Now, let's try working with Cassandra from Python. First, make sure to install the DataStax Cassandra Python driver:
pip install cassandra-driver
Let's write a simple script to query the system.local table, and call it cassHelloWorld.py.
First, we will add our imports. We will need the cluster and (since we have enabled auth) PlainTextAuthProvider items. Additionally, we will need the sys module to pull in command-line arguments:
from cassandra.cluster import Cluster
from cassandra.auth import PlainTextAuthProvider
import sys
Now we will pull in our hostname, username, and password from the command-line arguments. Cassandra uses an array of endpoints to connect to, so we 'll also create a new array and add our hostname to it:
hostname=sys.argv[1]
username=sys.argv[2]
password=sys.argv[3]
nodes = []
nodes.append(hostname)
Now we will use PlainTextAuthProvider to pass along our username and password to authenticate with the cluster. Then we will set a local session object to keep our connection and pass it the system keyspace to connect to:
auth = PlainTextAuthProvider(username=username, password=password)

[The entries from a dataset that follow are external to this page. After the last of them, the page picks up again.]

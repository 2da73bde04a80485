-- ===== src/Partition/Admission.antt =====
-- `handleAddJobs`: what becomes of each job of the command.
use cue.Base.{
  ℕ, suc, ◌≤◌, ◌<◌, ◌≡◌, ◌≢◌, refl, sym, ap, subst, ◌∙◌, ◌⊎◌, inl, inr, true, false, List, [], ◌∷◌,
  none, some, String, is_some, if◌then◌else◌, length, ok, err, Run, done, Bool-cases, arith,
}
use cue.Base.Key.{string_key, ◌=?◌, =?_refl}
use cue.Base.Dict.{lookup}
use cue.Model.{Job, JobFailure, fail_queue_full}
use cue.Queue.{added}
use cue.Queue.Shape
use cue.Queue.Shape.{add_new_job-cases, added-IsValid}
use cue.Store.{JobStore, u32_mod, create, freed, get, get_by_id, duplicate_job_id}
use cue.Store.Invariant
use cue.Store.Refinement.{Held, Created, create-Created, get_by_id-Created, create-refines}
use cue.Store.Release.{Changes, release-Held, freed-Changes}
use cue.Partition.State.{Partition, Env}
use cue.Partition.Commands.{stamped, new_ref, enqueue, admit, add_job}

-- The store and the queue of the partition are well formed.
pub record IsValid (p : Partition) : Type 0 where
  pub store : Invariant.IsValid p.job_store
  pub queue : Shape.IsValid p.process_queue

-- What the command makes of one job that is new and not done: it enters the store, and a
-- reference to its slot enters the queue.
pub record Admitted (env : Env) (p : Partition) (new : Job) (p' : Partition) : Type 0 where
  pub valid : IsValid p'
  pub room : p.process_queue.live_count < length p.process_queue.records
  pub idx : ℕ
  pub referenced : get p'.job_store idx ≡ some new
  pub queued : p'.process_queue ≡ added p.process_queue (new_ref env idx)
  pub stored :
      (k : String)
      → get_by_id p'.job_store k ≡ (if new.id =? k then some new else get_by_id p.job_store k)
  pub bound : length p'.job_store.jobs ≤ suc (length p.job_store.jobs)

-- Or the queue is full, and the store ends with the jobs that it had.
pub record Refused (p : Partition) (p' : Partition) : Type 0 where
  pub valid : IsValid p'
  pub full : length p.process_queue.records ≤ p.process_queue.live_count
  pub same_queue : p'.process_queue ≡ p.process_queue
  pub stored : (k : String) → get_by_id p'.job_store k ≡ get_by_id p.job_store k
  pub bound : length p'.job_store.jobs ≤ suc (length p.job_store.jobs)

-- The two ends of the loop's body for a new job.
abbrev pub Outcome : Env → Partition → Job → String → Run (Partition × List JobFailure) → Type 0
Outcome env p new id r =
    ((p' : Partition) × (r ≡ done (p', [])) × Admitted env p new p')
    ⊎ ((p' : Partition) × (r ≡ done (p', record { job_id = id; reason = fail_queue_full } ∷ []))
        × Refused p p')

get_by_id-slot :
    (js : JobStore) (id : String) (idx : ℕ)
    → lookup id js.by_id ≡ some idx
    → get_by_id js id ≡ get js idx
unfolding get_by_id
get_by_id-slot js id idx e = rw (e, get_by_id) refl

module _ (env : Env) (p : Partition) (job new : Job) (v : IsValid p) (named : new.id ≢ "")
    (absent : get_by_id p.job_store new.id ≡ none) (idx : ℕ) (js : JobStore)
    (c : Created p.job_store new idx js) where
  map_after :
      (k : String) → get_by_id js k ≡ (if new.id =? k then some new else get_by_id p.job_store k)
  map_after = get_by_id-Created p.job_store new idx js v.store named c

  slot_of : lookup new.id js.by_id ≡ some idx
  slot_of = c.index new.id ∙ rw (=?_refl new.id) refl

  -- The slot that the reference names holds the job.
  referenced : get js idx ≡ some new
  referenced =
      sym (get_by_id-slot js new.id idx slot_of) ∙ (map_after new.id ∙ rw (=?_refl new.id) refl)

  held : Held js new.id idx new
  held = record { slot = c.slot idx ∙ ground arith; name = refl; named = named }

  released : Changes js new.id none (freed js new idx)
  released = freed-Changes js new.id idx new c.valid slot_of held

  admitted :
      p.process_queue.live_count < length p.process_queue.records
      → Admitted env p new
          (record p { job_store = js; process_queue = added p.process_queue (new_ref env idx) })
  admitted room = record {
    valid = record {
      store = c.valid;
      queue = added-IsValid p.process_queue (new_ref env idx) v.queue room;
    };
    room = room;
    idx = idx;
    referenced = referenced;
    queued = refl;
    stored = map_after;
    bound = c.bound;
  }

  refused :
      length p.process_queue.records ≤ p.process_queue.live_count
      → Refused p (record p { job_store = freed js new idx })
  refused full = record {
    valid = record { store = released.valid; queue = v.queue };
    full = full;
    same_queue = refl;
    stored = λ k.
        released.map_after k ∙ ground (arith, map_after k, absent, string_key.beq_iff new.id k);
    bound = omega (arith, released.bound, c.bound);
  }

  enqueue-Outcome : Outcome env p new job.id (enqueue env p js job idx)
  unfolding enqueue
  enqueue-Outcome = elim (add_new_job-cases p.process_queue (new_ref env idx)) [
    | inr (room, e) ↦ inl (_, rw (e, enqueue) refl, admitted room)
    | inl (full, e) ↦
        inr
          (_, rw (e, enqueue) (rw (release-Held js new.id idx new c.valid held) refl), refused full)
  ]

pub stamped_id : (env : Env) (job : Job) → (stamped env job).id ≡ job.id
stamped_id env job = ground arith

admit-duplicate :
    (env : Env) (p : Partition) (job new : Job)
    → create p.job_store new ≡ done (p.job_store, err duplicate_job_id)
    → admit env p job new ≡ done (p, [])
unfolding admit
admit-duplicate env p job new e = rw e refl

admit-created :
    (env : Env) (p : Partition) (job new : Job) {idx : ℕ} {js : JobStore}
    → create p.job_store new ≡ done (js, ok idx)
    → admit env p job new ≡ enqueue env p js job idx
unfolding admit
admit-created env p job new e = rw e refl

-- Every branch of the loop's body of `handleAddJobs`, for a job with an ID, in a partition whose
-- store and queue are well formed and whose slots are fewer than 2^32 - 1. A job that is done or
-- whose ID the store holds changes nothing and is no failure. Any other enters the store, and
-- at the back of the queue enters a reference to the slot that holds it; or the queue is full, the job is reported as a failure, and the store's map
-- stays as it was. Nothing panics, and the store and the queue stay well formed.
pub add_job-cases :
    (env : Env) (p : Partition) (job : Job)
    → IsValid p
    → job.id ≢ ""
    → suc (length p.job_store.jobs) < u32_mod
    → ((add_job env p job ≡ done (p, []))
        × ((job.is_done ≡ true) ⊎ (is_some (get_by_id p.job_store job.id) ≡ true)))
      ⊎ ((job.is_done ≡ false)
          × (get_by_id p.job_store job.id ≡ none)
          × Outcome env p (stamped env job) job.id (add_job env p job))
unfolding add_job
add_job-cases env p job v named fits = elim (Bool-cases job.is_done) [
  | inl d ↦ inl (simp d refl, inl d)
  | inr d ↦
      let new = stamped env job in
      let same = stamped_id env job in
      let named' : new.id ≢ "" = λ h. named (sym same ∙ h) in
      let undone : add_job env p job ≡ admit env p job new = simp d refl in
      elim (create-refines p.job_store new v.store named' fits) [
        | inl (old, there, e) ↦ inl (
          undone ∙ admit-duplicate env p job new e,
          inr (ap is_some (ap (get_by_id p.job_store) (sym same) ∙ there)),
        )
        | inr (_, _, absent, _, _, _) ↦
            let (idx, js, e, c) = create-Created p.job_store new v.store named' fits absent in
            inr (
              d,
              ap (get_by_id p.job_store) (sym same) ∙ absent,
              subst (Outcome env p new job.id) (sym (undone ∙ admit-created env p job new e))
                  (enqueue-Outcome env p job new v named' absent idx js c),
            )
      ]
]
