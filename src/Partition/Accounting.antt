-- ===== src/Partition/Accounting.antt =====
-- internal/state/partition.go: the whole loop of `handleAddJobs`.
use mathlib.Core.List.{append_assoc, append-nil}
use cue.Base.{
  ℕ, suc, ◌+◌, ◌≤◌, ◌<◌, ◌≡◌, ◌≢◌, sym, ap, ◌∙◌, ◌⊎◌, inl, inr, Bool, true, false, ◌||◌, List, [],
  ◌∷◌, ◌++◌, String, is_some, length, done, arith,
}
use cue.Base.Key.{string_key, ◌=?◌, =?_refl}
use cue.Model.{Job, JobFailure, fail_queue_full}
use cue.Store.{u32_mod, get_by_id}
use cue.Partition.State.{Partition, Env}
use cue.Partition.Commands.{stamped, add_job, add_jobs_loop}
use cue.Partition.Admission.{IsValid, add_job-cases, stamped_id}

abbrev pub reported : String → List JobFailure → Bool
reported id [] = false
reported id (f ∷ fs) = (f.job_id =? id) || reported id fs

-- The job is done, or in the store, or reported as a failure.
abbrev pub Accounted : Partition → List JobFailure → Job → Type 0
Accounted p failures job =
    (job.is_done ≡ true)
    ⊎ ((is_some (get_by_id p.job_store job.id) ≡ true) ⊎ (reported job.id failures ≡ true))

-- The partition stays well formed, and loses no job.
pub record Keeps (p p' : Partition) (added : ℕ) : Type 0 where
  pub valid : IsValid p'
  pub keeps :
      (k : String)
      → is_some (get_by_id p.job_store k) ≡ true
      → is_some (get_by_id p'.job_store k) ≡ true
  pub bound : length p'.job_store.jobs ≤ length p.job_store.jobs + added

add_job-Keeps :
    (env : Env) (p : Partition) (job : Job)
    → IsValid p
    → job.id ≢ ""
    → suc (length p.job_store.jobs) < u32_mod
    → (p' : Partition) × (more : List JobFailure) × (add_job env p job ≡ done (p', more))
      × Keeps p p' 1
      × Accounted p' more job
add_job-Keeps env p job v named fits = elim (add_job-cases env p job v named fits) [
  | inl (e, why) ↦ (
    p,
    [],
    e,
    record { valid = v; keeps = λ k h. h; bound = omega arith },
    elim why [ inl d ↦ inl d | inr s ↦ inr (inl s) ],
  )
  | inr (_, absent, inl (p', e, a)) ↦
      let new = stamped env job in
      (
        p',
        [],
        e,
        record {
          valid = a.valid;
          keeps = λ k h. ground (arith, h, a.stored k);
          bound = omega (arith, a.bound);
        },
        inr (
            inl (
              ground
                (arith, a.stored job.id, stamped_id env job, string_key.beq_iff new.id job.id))),
      )
  | inr (_, absent, inr (p', e, r)) ↦ (
    p',
    record { job_id = job.id; reason = fail_queue_full } ∷ [],
    e,
    record {
      valid = r.valid;
      keeps = λ k h. ground (arith, h, r.stored k);
      bound = omega (arith, r.bound);
    },
    inr (inr (ground (arith, =?_refl job.id))),
  )
]

-- Each job has an ID.
abbrev pub AllNamed : List Job → Type 0
AllNamed [] = Unit
AllNamed (job ∷ jobs) = (job.id ≢ "") × AllNamed jobs

abbrev pub AllAccounted : Partition → List JobFailure → List Job → Type 0
AllAccounted p failures [] = Unit
AllAccounted p failures (job ∷ jobs) = Accounted p failures job × AllAccounted p failures jobs

reported-append :
    (id : String) (fs gs : List JobFailure)
    → (reported id fs ≡ true) ⊎ (reported id gs ≡ true)
    → reported id (fs ++ gs) ≡ true
reported-append id [] gs (inr h) = h
reported-append id [] gs (inl h) = absurd (ground (arith, h))
reported-append id (f ∷ fs) gs h = ground (arith, h, reported-append id fs gs)

Accounted-later :
    (p1 p2 : Partition) (fs gs : List JobFailure) (added : ℕ) (job : Job)
    → Keeps p1 p2 added
    → Accounted p1 fs job
    → Accounted p2 (fs ++ gs) job
Accounted-later p1 p2 fs gs added job k (inl d) = inl d
Accounted-later p1 p2 fs gs added job k (inr (inl s)) = inr (inl (k.keeps job.id s))
Accounted-later p1 p2 fs gs added job k (inr (inr r)) =
    inr (inr (reported-append job.id fs gs (inl r)))

AllAccounted-more :
    (p : Partition) (fs gs : List JobFailure) (jobs : List Job)
    → AllAccounted p gs jobs
    → AllAccounted p (fs ++ gs) jobs
AllAccounted-more p fs gs [] a = tt
AllAccounted-more p fs gs (job ∷ jobs) (a, rest) = (one a, AllAccounted-more p fs gs jobs rest)
  where
    one : Accounted p gs job → Accounted p (fs ++ gs) job
    one (inl d) = inl d
    one (inr (inl s)) = inr (inl s)
    one (inr (inr r)) = inr (inr (reported-append job.id fs gs (inr r)))

-- In a well-formed partition whose store has room for all of them below 2^32 slots, the loop of
-- `handleAddJobs` over jobs that have IDs does not panic. It keeps the store and the queue well formed
-- and every job in the store, and each job of the command is done, or then in the store, or reported
-- as a failure.
pub add_jobs_loop-AllAccounted :
    (env : Env) (p : Partition) (jobs : List Job) (failures : List JobFailure)
    → IsValid p
    → AllNamed jobs
    → length p.job_store.jobs + length jobs < u32_mod
    → (p' : Partition) × (more : List JobFailure) × (add_jobs_loop env p jobs failures
        ≡ done (p', failures ++ more))
      × Keeps p p' (length jobs)
      × AllAccounted p' more jobs
unfolding add_jobs_loop
add_jobs_loop-AllAccounted env p [] failures v named fits = (
  p,
  [],
  ap (λ l. done (p, l)) (sym (append-nil failures)),
  record { valid = v; keeps = λ k h. h; bound = omega arith },
  tt,
)
add_jobs_loop-AllAccounted env p (job ∷ jobs) failures v (n, ns) fits =
    let (p1, more1, e1, k1, a1) = add_job-Keeps env p job v n (omega (arith, fits)) in
    let (p2, more2, e2, k2, a2) =
      add_jobs_loop-AllAccounted env p1 jobs (failures ++ more1) k1.valid ns
        (omega (arith, fits, k1.bound)) in
    (
      p2,
      more1 ++ more2,
      rw e1 (e2 ∙ ap (λ l. done (p2, l)) (append_assoc failures more1 more2)),
      record {
        valid = k2.valid;
        keeps = λ k h. k2.keeps k (k1.keeps k h);
        bound = omega (arith, k1.bound, k2.bound);
      },
      (
        Accounted-later p1 p2 more1 more2 (length jobs) job k2 a1,
        AllAccounted-more p2 more1 more2 jobs a2,
      ),
    )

cluster = Cluster(nodes,auth_provider=auth)
session = cluster.connect("system")
Our CQL query will pull down a few columns from the system.local table. This particular data will reveal some information about the cluster that we are connecting to:
strCQL = """ SELECT cluster_name,data_center,listen_address,release_version
FROM local WHERE key='local'
"""
Next, we'll execute our query and process the result set. The system.local table will only ever contain a single row, but it is still a good idea to get into the habit of processing a complete result set. Once the result set has been printed, we will close our connection to Cassandra:
rows = session.execute(strCQL)
print("Hello world from:")
for row in rows:
print(row[0] + " " + row[1] + " " + row[2] + " " + row[3])
#closing Cassandra connection
session.shutdown()
Running this from the command line yields the following output:
python cassHelloWorld.py 192.168.0.100 cassdba flynnLives
Hello world from:
PermanentWaves 'LakesidePark' 192.168.0.100 3.10
We can also use Python to interact with the existing tables in our packt keyspace (that we created in the preceding sections). We will name this script queryUser.py. It will require the logins_by_user table which was introduced earlier in the chapter. If you have not created it, go ahead and do that now:
CREATE TABLE packt.logins_by_user (
user_id text,
login_datetime timestamp,
origin_ip text,
PRIMARY KEY ((user_id), login_datetime)
) WITH CLUSTERING ORDER BY (login_datetime DESC);
The imports and command-line arguments will be similar to the previous ones, except that we will add a variable to process as user_id from the command line. We will also define our keyspace as a variable:
from cassandra.cluster import Cluster
from cassandra.auth import PlainTextAuthProvider
import sys
hostname = sys.argv[1]
username = sys.argv[2]
password = sys.argv[3]
userid = sys.argv[4]
nodes = []
nodes.append(hostname)
The code to define the connection to Cassandra will remain the same as shown here:
auth = PlainTextAuthProvider(username=username, password=password)
cluster = Cluster(nodes,auth_provider=auth)
session = cluster.connect(keyspace)
We will prepare and execute an INSERT to our logins_by_user table to record a new entry. For the login_datetime, we will pass the dateof(now()) nested function, which will add the current time as a timestamp from the server-side Cassandra:
strINSERT = """
INSERT INTO logins_by_user (user_id,login_datetime,origin_ip)
VALUES (?,dateof(now()),?)
"""
pINSERTStatement = session.prepare(strINSERT);
session.execute(pINSERTStatement,['aploetz','192.168.0.114'])
Then we will prepare a query for the last three entries for that user:
strSELECT = """
SELECT * FROM logins_by_user WHERE user_id=? LIMIT 3;
"""
pSELECTStatement = session.prepare(strSELECT);
Finally, we'll process the result set and close our connection:
rows = session.execute(pSELECTStatement,[userid])
print("Data for user %s:" % userid)
for row in rows:
#only one row in system.local
print(row[0] + " " +
str(row[1]) + " " +
row[2])
#closing Cassandra connection
session.shutdown()
Running this from the command line yields the following output:
python queryUser.py 192.168.0.100 cassdba flynnLives aploetz
aploetz 2017-06-10 15:26:23.329000 192.168.0.114
aploetz 2017-06-03 14:04:55 192.168.0.101
aploetz 2017-06-02 18:23:11 192.168.0.105
Notice the difference between inserting a timestamp without milliseconds, and dateof(now()).